We’re far from done with degradation

In highlight sessions on the first morning of the conference, Wolfram Kwapil of Freiburg University described light elevated temperature induced degradation (LETID) as “the phenomenon of the PERC era, and Manchester University’s Tarek Abdul Fattah outlined the current state of the art – we know that the LETID mechanism involves hydrogen  atoms, and is affected by properties of the dopant, but little else is agreed upon.

The switch to gallium doping certainly makes cells less susceptible to performance loss from LETID, but cannot be said to eliminate it completely.
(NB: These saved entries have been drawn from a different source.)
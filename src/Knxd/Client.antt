-- ===== src/Knxd/Client.antt =====
-- src/knxd/knxd_client.{h,cpp}: the connection to knxd. The system calls are the parameter `Os`.
pub mod Os
pub mod Reading
pub mod Writing
pub mod Connection
pub mod Telegrams
pub mod Interface
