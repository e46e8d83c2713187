-- ===== src/Knxd/Client/Writing/Whole.antt =====
-- `write_all` of src/knxd/knxd_client.cpp ends, and sends all bytes in order or reports that it failed.
use cometvisu_knxd_fcgi.Prelude.Int.{ℤ, pos}
use cometvisu_knxd_fcgi.Knxd.Client.Os.{Os, WriteCall, PollCall, Event, pollout}
use cometvisu_knxd_fcgi.Knxd.Client.Writing.{after_poll, after_write, write_all}
use cometvisu_knxd_fcgi.Prelude.{
  ℕ, zero, suc, ◌+◌, ◌≤◌, ◌<◌, ◌≡◌, refl, sym, ap, ◌∙◌, Bool, true, false, Option, some, [], ◌∷◌,
  ◌++◌, arith, Bytes, length, take, drop, append-nil, append_assoc, length-drop, take-append-drop,
}

-- What one `write` does to the bytes sent so far, and to a bound on the interruptions to come.
abbrev pub Writes : Bytes → Bytes → Bytes → ℕ → ℕ → WriteCall → Type 0
Writes bytes before after p q (WriteCall.wrote n) =
    (0 < n) × (n ≤ length bytes) × (after ≡ before ++ take n bytes) × (q ≤ p)
Writes bytes before after p q WriteCall.interrupted = (after ≡ before) × (q < p)
Writes bytes before after p q WriteCall.not_ready = (after ≡ before) × (q < p)
Writes bytes before after p q WriteCall.failed = (after ≡ before) × (q ≤ p)

module _ {W : Type 0} (os : Os W) (sent : ℕ → W → Bytes) (patience : W → ℕ) where
  -- `sent fd` grows by what `write` accepts, at least a byte; `write` is interrupted, or finds the
  -- socket full, only as often as `patience` says; `poll` sends nothing.
  pub record WriteLaw : Type 0 where
    pub writes :
        (fd : ℕ) (bytes : Bytes) (w : W)
        → (let (call, w') = os.write fd bytes w in
            Writes bytes (sent fd w) (sent fd w') (patience w) (patience w') call)
    pub polls :
        (fd : ℕ) (event : Event) (timeout : ℤ) (w : W)
        → (let (_, w') = os.poll fd event timeout w in
            (sent fd w' ≡ sent fd w) × (patience w' ≤ patience w))

  -- A part of the bytes was sent, and all of them if the call says so.
  pub record Sends (fd : ℕ) (bytes : Bytes) (w : W) (ok : Bool) (w' : W) : Type 0 where
    pub part : Bytes
    pub rest : Bytes
    pub split : part ++ rest ≡ bytes
    pub sends : sent fd w' ≡ sent fd w ++ part
    pub all_sent : ok ≡ true → rest ≡ []

  pub record Ends (run : Option (Bool × W)) (fd : ℕ) (bytes : Bytes) (w : W) : Type 0 where
    pub ok : Bool
    pub world : W
    pub ended : run ≡ some (ok, world)
    pub sends : Sends fd bytes w ok world
    pub calm : patience world ≤ patience w

  -- The call failed before it sent a byte.
  nothing_sent :
      (run : Option (Bool × W)) (fd : ℕ) (bytes : Bytes) (w w' : W)
      → run ≡ some (false, w')
      → sent fd w' ≡ sent fd w
      → patience w' ≤ patience w
      → Ends run fd bytes w
  nothing_sent run fd bytes w w' e same calm = record {
    calm = calm;
    ok = false;
    world = w';
    ended = e;
    sends = record {
      part = [];
      rest = bytes;
      split = refl;
      sends = same ∙ sym (append-nil (sent fd w));
      all_sent = λ h. absurd cc;
    };
  }

  -- Nothing was sent in this round, and the rest of the loop does it.
  again :
      (run : Option (Bool × W)) (fd : ℕ) (bytes : Bytes) (w w' : W)
      → sent fd w' ≡ sent fd w
      → patience w' ≤ patience w
      → Ends run fd bytes w'
      → Ends run fd bytes w
  again run fd bytes w w' same calm e = record {
    calm = let c = e.calm in omega arith;
    ok = e.ok;
    world = e.world;
    ended = e.ended;
    sends = record {
      part = e.sends.part;
      rest = e.sends.rest;
      split = e.sends.split;
      sends = e.sends.sends ∙ ap (λ b. b ++ e.sends.part) same;
      all_sent = e.sends.all_sent;
    };
  }

  -- A part was sent in this round, and the loop goes on behind it.
  more :
      (run : Option (Bool × W)) (fd n : ℕ) (bytes : Bytes) (w w' : W)
      → sent fd w' ≡ sent fd w ++ take n bytes
      → patience w' ≤ patience w
      → Ends run fd (drop n bytes) w'
      → Ends run fd bytes w
  more run fd n bytes w w' grown calm e = record {
    calm = let c = e.calm in omega arith;
    ok = e.ok;
    world = e.world;
    ended = e.ended;
    sends = record {
      part = take n bytes ++ e.sends.part;
      rest = e.sends.rest;
      split =
          append_assoc (take n bytes) e.sends.part e.sends.rest
          ∙ ap (λ b. take n bytes ++ b) e.sends.split
          ∙ take-append-drop n bytes;
      sends =
          e.sends.sends
          ∙ ap (λ b. b ++ e.sends.part) grown
          ∙ append_assoc (sent fd w) (take n bytes) e.sends.part;
      all_sent = e.sends.all_sent;
    };
  }

  module _ (law : WriteLaw) (next : Bytes → W → Option (Bool × W)) (fd : ℕ) (bytes : Bytes)
      (w : W) where
    poll-Ends :
        (call : PollCall) (w' : W)
        → sent fd w' ≡ sent fd w
        → patience w' ≤ patience w
        → Ends (next bytes w') fd bytes w'
        → Ends (after_poll os next bytes (call, w')) fd bytes w
    poll-Ends (PollCall.ready r) w' same calm ih = again (next bytes w') fd bytes w w' same calm ih
    poll-Ends PollCall.timed_out w' same calm ih = nothing_sent _ fd bytes w w' refl same calm
    poll-Ends PollCall.interrupted w' same calm ih = nothing_sent _ fd bytes w w' refl same calm
    poll-Ends PollCall.failed w' same calm ih = nothing_sent _ fd bytes w w' refl same calm

    write-Ends :
        (call : WriteCall) (w' : W)
        → Writes bytes (sent fd w) (sent fd w') (patience w) (patience w') call
        → ((b : Bytes) (v : W)
            → length b + patience v < length bytes + patience w
            → Ends (next b v) fd b v)
        → Ends (after_write os next fd bytes (call, w')) fd bytes w
    write-Ends (WriteCall.wrote n) w' (p, l, grown, q) ih =
        more (next (drop n bytes) w') fd n bytes w w' grown q
          (ih (drop n bytes) w' (omega (arith, length-drop n bytes)))
    write-Ends WriteCall.interrupted w' (same, q) ih =
        again (next bytes w') fd bytes w w' same (omega arith) (ih bytes w' (omega arith))
    write-Ends WriteCall.not_ready w' (same, q) ih =
        let (polled, v) = os.poll fd pollout (pos 5000) w' in
        let (still, r) = law.polls fd pollout (pos 5000) w' in
        poll-Ends polled v (still ∙ same) (omega arith) (ih bytes v (omega arith))
    write-Ends WriteCall.failed w' (same, q) ih = nothing_sent _ fd bytes w w' refl same q

  -- Where `write` accepts at least a byte, fails, or is put off, with more fuel than there are bytes to send and interruptions to come, `write_all` ends. The bytes sent
  -- are then a first part of its argument, in order, and all of it if it returns true.
  pub write_all-Ends :
      (fuel fd : ℕ) (bytes : Bytes) (w : W)
      → WriteLaw
      → length bytes + patience w < fuel
      → Ends (write_all os fuel fd bytes w) fd bytes w
  unfolding write_all
  write_all-Ends zero fd bytes w law enough = absurd (omega arith)
  write_all-Ends (suc fuel) fd [] w law enough = record {
    ok = true;
    world = w;
    calm = omega arith;
    ended = refl;
    sends = record {
      part = [];
      rest = [];
      split = refl;
      sends = sym (append-nil (sent fd w));
      all_sent = λ h. refl;
    };
  }
  write_all-Ends (suc fuel) fd (b ∷ s) w law enough =
      let (call, w') = os.write fd (b ∷ s) w in
      write-Ends law (write_all os fuel fd) fd (b ∷ s) w call w' (law.writes fd (b ∷ s) w)
        (λ c v less. write_all-Ends fuel fd c v law (omega arith))
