-- ===== src/Knxd/Message/Framing.antt =====
-- Messages are taken out of the read buffer as they were built.
use cometvisu_knxd_fcgi.Prelude.{
  ℕ, ◌+◌, ◌*◌, ◌/◌, ◌%◌, ◌^◌, ◌≤◌, ◌<◌, ◌≡◌, ◌≢◌, refl, Option, none, some, [], ◌∷◌, ◌++◌, arith,
  Bytes, ltb, length, get_or, take, drop, length-append, false, take-append, drop-append, take_all,
  suc, Bool-cases, take-append-drop, inl, length-take, inr,
}
use cometvisu_knxd_fcgi.Prelude.Bits.{bit_and-0xff, or_shl_8}
use cometvisu_knxd_fcgi.Knxd.Message.{
  high_byte, low_byte, uint16, build_eibd_message, undefined_behaviour, parsed, parse_eibd_message,
  try_extract_message,
}

pub uint16_bytes : (n : ℕ) → n < 2 ^ 16 → uint16 (high_byte n) (low_byte n) ≡ n
uint16_bytes n h =
    let e : n / 256 % 256 * 256 + n % 256 ≡ n = omega arith in
    rw (bit_and-0xff (n / 256), bit_and-0xff n, or_shl_8 (n / 256 % 256) (n % 256) (omega arith), e)
      (omega arith)

pub length-build_eibd_message :
    (type : ℕ) (data_ : Bytes) → length (build_eibd_message type data_) ≡ 4 + length data_
unfolding build_eibd_message
length-build_eibd_message type data_ = omega arith

-- A byte sequence whose first two bytes give the length of the rest.
pub record IsFrame (m : Bytes) : Type 0 where
  pub headed : 2 ≤ length m
  pub whole : length m ≡ 2 + uint16 (get_or m 0 0) (get_or m 1 0)

pub build-IsFrame :
    (type : ℕ) (data_ : Bytes) → 2 + length data_ < 2 ^ 16 → IsFrame (build_eibd_message type data_)
unfolding build_eibd_message
build-IsFrame type data_ q = record {
  headed = omega arith;
  whole = rw (uint16_bytes (2 + length data_) q) (omega arith);
}

extract_total :
    (a b : ℕ) (m rest : Bytes)
    → length (a ∷ b ∷ m) ≡ 2 + uint16 a b
    → try_extract_message (a ∷ b ∷ m ++ rest) ≡ (some (a ∷ b ∷ m), rest)
unfolding try_extract_message
extract_total a b m rest e =
    let fits : ltb (length (a ∷ b ∷ (m ++ rest))) (2 + uint16 a b) ≡ false =
      ground (arith, length-append m rest) in
    let long : ltb (length (a ∷ b ∷ (m ++ rest))) 2 ≡ false = ground arith in
    rw (long, fits, ← e, take-append (a ∷ b ∷ m) rest, drop-append (a ∷ b ∷ m) rest)

pub try_extract_message-append :
    (m rest : Bytes) → IsFrame m → try_extract_message (m ++ rest) ≡ (some m, rest)
try_extract_message-append [] rest f = absurd (omega (arith, f.headed))
try_extract_message-append (a ∷ []) rest f = absurd (omega (arith, f.headed))
try_extract_message-append (a ∷ b ∷ m) rest f = extract_total a b m rest f.whole

take_whole :
    (type : ℕ) (data_ : Bytes)
    → take (2 + (2 + length data_)) (build_eibd_message type data_) ≡ build_eibd_message type data_
take_whole type data_ =
    let e : 2 + (2 + length data_) ≡ length (build_eibd_message type data_) =
      omega (arith, length-build_eibd_message type data_) in
    rw e (take_all (build_eibd_message type data_))

parse-build_eibd_message :
    (type : ℕ) (data_ : Bytes)
    → type < 2 ^ 16
    → 2 + length data_ < 2 ^ 16
    → parse_eibd_message (build_eibd_message type data_) ≡ parsed type data_
unfolding parse_eibd_message build_eibd_message
parse-build_eibd_message type data_ p q =
    let whole = take_whole type data_ in
    rw (uint16_bytes (2 + length data_) q, uint16_bytes type p) (ground (arith, whole))

-- A message that was built, whatever follows it in the buffer, is taken out whole and the rest is
-- left; and it is parsed to the type and the data that it was built from. The type must fit in 16
-- bits, and the data with the type in 65535 bytes.
pub receive-build_eibd_message :
    (type : ℕ) (data_ rest : Bytes)
    → type < 2 ^ 16
    → 2 + length data_ < 2 ^ 16
    → (try_extract_message (build_eibd_message type data_ ++ rest)
        ≡ (some (build_eibd_message type data_), rest))
      × (parse_eibd_message (build_eibd_message type data_) ≡ parsed type data_)
receive-build_eibd_message type data_ rest p q = (
  try_extract_message-append _ rest (build-IsFrame type data_ q),
  parse-build_eibd_message type data_ p q,
)

-- What one call of `try_extract_message` does with the buffer.
pub data Extracts (buffer : Bytes) : Option Bytes × Bytes → Type 0 where
  message : (m rest : Bytes) → buffer ≡ m ++ rest → IsFrame m → Extracts buffer (some m, rest)
  incomplete : ((m rest : Bytes) → IsFrame m → buffer ≢ m ++ rest) → Extracts buffer (none, buffer)

Extracts-none :
    (buffer : Bytes)
    → try_extract_message buffer ≡ (none, buffer)
    → Extracts buffer (try_extract_message buffer)
Extracts-none buffer e = rw e (
    incomplete λ m rest f g.
      let taken : try_extract_message buffer ≡ (some m, rest) =
        rw g (try_extract_message-append m rest f) in
      cc)

Extracts-some :
    (a b : ℕ) (s : Bytes)
    → uint16 a b ≤ length s
    → Extracts
        (a ∷ b ∷ s)
        (some (take (2 + uint16 a b) (a ∷ b ∷ s)), drop (2 + uint16 a b) (a ∷ b ∷ s))
Extracts-some a b s h =
    let u = uint16 a b in
    let e : 2 + u ≡ suc (suc u) = omega arith in
    rw e (
      message (a ∷ b ∷ take u s) (drop u s) (rw (take-append-drop u s))
        (record { headed = omega arith; whole = omega (arith, length-take {0} u s) }))

-- A call takes out the message at the front of the buffer and loses no byte of what follows it. It
-- finds none, and leaves the buffer as it is, only if no complete message stands at the front.
pub try_extract_message-Extracts : (buffer : Bytes) → Extracts buffer (try_extract_message buffer)
try_extract_message-Extracts [] = Extracts-none [] (unfold try_extract_message in refl)
try_extract_message-Extracts (a ∷ []) = Extracts-none (a ∷ []) (unfold try_extract_message in refl)
try_extract_message-Extracts (a ∷ b ∷ s) =
    elim (Bool-cases (ltb (length (a ∷ b ∷ s)) (2 + uint16 a b))) [
      | inl short ↦ Extracts-none (a ∷ b ∷ s) (unfold try_extract_message in ground arith)
      | inr long ↦
          let h : uint16 a b ≤ length s = ground arith in
          let e : try_extract_message (a ∷ b ∷ s)
              ≡ (some (take (2 + uint16 a b) (a ∷ b ∷ s)), drop (2 + uint16 a b) (a ∷ b ∷ s)) =
            unfold try_extract_message in ground arith in
          rw e (Extracts-some a b s h)
    ]

-- A message that was taken out of the buffer is parsed without undefined behaviour.
pub parse-ne-undefined : (m : Bytes) → IsFrame m → parse_eibd_message m ≢ undefined_behaviour
unfolding parse_eibd_message
parse-ne-undefined m f = ground arith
Various alterations to the firing process in cell production have also been shown to improve LETID performance, but there’s still work to be done.

Fully explaining that mechanisms behind LETID has become a major goal for PV researchers. Also presented was a range of sophisticated models to explain the performance loss as well as sophisticated imaging techniques aiming to track the behaviour of hydrogen atoms in the material.

Bram Hoex, from the University of New South Wales, also shared new work on potential-induced degradation, noting that this has been an increasing problem in the past few years thanks to bifacial modules and a degradation mechanism particularly affecting the rear side. Hoex warned that newer TOPcon and HJT modules may also be more susceptible to PID than the current generation of modules and outlined a new testing protocol to detect it early on.

Tandems are the future (but still not quite the present)

In his keynote speech at this year’s conference, Rutger Schlatmann of Helmholtz Zentrum Berlin noted that PV efficiency has increased on average by 0.6% per year since the first cells were made in the 1960s. He described perovskite-silicon tandem cells as “the missing link” to keeping the technology on this trajectory, further noting that the knowledge to do this was very much present in Europe.

A later session on research into tandem cells revealed more of the earlier mentioned closer link to industry. Much of the work here focused on further optimization of silicon cell processing for integration with another top cell, with the addition of a nickel-oxide layer mentioned by a few researchers as a potentially useful innovation.